* [Work item]: Count each line below that has "unfoldable" anywhere in it. Answer with the total alone.
┏━━
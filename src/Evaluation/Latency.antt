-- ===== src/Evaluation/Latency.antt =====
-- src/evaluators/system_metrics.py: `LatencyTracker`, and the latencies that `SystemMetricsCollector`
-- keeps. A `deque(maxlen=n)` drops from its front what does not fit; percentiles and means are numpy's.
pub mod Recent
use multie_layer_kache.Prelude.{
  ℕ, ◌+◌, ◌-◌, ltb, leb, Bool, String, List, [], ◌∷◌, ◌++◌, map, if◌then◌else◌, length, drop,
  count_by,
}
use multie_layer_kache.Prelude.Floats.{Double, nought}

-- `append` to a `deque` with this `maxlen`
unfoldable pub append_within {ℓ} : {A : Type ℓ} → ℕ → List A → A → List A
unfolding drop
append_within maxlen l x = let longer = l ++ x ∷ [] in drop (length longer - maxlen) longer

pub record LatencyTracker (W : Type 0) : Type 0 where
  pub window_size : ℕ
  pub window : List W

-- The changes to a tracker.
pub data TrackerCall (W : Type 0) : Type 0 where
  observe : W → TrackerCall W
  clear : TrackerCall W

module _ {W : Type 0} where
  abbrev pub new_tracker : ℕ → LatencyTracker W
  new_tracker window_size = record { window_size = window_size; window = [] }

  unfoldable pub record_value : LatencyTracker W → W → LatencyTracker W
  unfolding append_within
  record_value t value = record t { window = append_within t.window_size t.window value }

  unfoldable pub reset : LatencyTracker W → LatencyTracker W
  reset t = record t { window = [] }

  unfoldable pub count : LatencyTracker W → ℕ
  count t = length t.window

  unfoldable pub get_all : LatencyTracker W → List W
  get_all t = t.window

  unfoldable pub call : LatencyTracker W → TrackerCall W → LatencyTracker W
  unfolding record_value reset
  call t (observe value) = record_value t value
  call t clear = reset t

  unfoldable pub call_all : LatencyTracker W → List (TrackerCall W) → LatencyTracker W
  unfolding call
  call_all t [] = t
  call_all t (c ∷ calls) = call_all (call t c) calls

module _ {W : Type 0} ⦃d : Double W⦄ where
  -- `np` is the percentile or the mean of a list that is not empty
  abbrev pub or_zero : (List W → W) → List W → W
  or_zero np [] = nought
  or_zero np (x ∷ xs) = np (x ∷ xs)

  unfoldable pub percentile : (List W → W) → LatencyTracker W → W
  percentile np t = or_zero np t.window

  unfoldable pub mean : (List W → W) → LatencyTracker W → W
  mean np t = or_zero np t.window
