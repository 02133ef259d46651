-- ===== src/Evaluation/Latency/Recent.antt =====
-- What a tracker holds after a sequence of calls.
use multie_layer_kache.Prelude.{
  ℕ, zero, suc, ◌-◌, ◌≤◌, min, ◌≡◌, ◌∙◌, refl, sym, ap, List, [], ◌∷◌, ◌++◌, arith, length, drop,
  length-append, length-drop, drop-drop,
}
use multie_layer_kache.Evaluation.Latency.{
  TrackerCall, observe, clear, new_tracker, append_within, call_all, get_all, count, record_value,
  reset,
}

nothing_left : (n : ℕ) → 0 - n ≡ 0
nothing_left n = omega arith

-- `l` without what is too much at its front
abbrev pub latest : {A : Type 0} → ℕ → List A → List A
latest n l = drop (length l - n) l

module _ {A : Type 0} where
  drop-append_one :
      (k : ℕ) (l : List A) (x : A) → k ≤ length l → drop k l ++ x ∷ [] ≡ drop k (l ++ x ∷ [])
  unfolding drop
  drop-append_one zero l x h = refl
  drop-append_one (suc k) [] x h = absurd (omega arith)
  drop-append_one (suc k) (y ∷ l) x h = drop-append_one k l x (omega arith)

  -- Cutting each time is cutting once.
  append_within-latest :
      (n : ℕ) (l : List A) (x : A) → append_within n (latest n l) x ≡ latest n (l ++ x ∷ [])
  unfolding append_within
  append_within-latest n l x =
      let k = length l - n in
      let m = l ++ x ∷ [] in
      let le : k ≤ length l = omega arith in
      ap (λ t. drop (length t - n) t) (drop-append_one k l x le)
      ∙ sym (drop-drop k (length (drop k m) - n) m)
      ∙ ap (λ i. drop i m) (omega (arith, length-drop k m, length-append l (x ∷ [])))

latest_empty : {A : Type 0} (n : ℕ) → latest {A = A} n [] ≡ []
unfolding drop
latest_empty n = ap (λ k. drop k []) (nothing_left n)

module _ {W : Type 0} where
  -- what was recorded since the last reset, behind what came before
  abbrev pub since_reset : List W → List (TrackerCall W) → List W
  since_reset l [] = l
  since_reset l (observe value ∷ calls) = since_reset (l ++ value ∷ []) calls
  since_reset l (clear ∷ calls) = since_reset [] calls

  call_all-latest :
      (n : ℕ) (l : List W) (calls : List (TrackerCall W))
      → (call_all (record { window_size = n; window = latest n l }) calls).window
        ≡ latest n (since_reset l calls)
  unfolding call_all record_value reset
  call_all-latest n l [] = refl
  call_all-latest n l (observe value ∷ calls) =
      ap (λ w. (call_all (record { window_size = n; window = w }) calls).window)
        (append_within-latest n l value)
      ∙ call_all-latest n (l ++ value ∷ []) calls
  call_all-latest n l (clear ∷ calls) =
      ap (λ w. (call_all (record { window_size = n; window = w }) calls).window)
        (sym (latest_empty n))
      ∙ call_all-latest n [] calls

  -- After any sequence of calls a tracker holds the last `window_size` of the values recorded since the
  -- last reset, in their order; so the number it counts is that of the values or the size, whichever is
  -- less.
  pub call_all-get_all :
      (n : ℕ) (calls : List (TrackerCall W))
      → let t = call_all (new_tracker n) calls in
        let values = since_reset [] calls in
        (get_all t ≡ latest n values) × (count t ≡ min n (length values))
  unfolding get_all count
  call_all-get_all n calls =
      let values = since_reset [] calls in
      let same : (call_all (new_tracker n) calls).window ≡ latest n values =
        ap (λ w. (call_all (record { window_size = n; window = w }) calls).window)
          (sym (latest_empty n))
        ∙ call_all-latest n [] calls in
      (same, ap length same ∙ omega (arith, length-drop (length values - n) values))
┗━━
* [Written response]: 9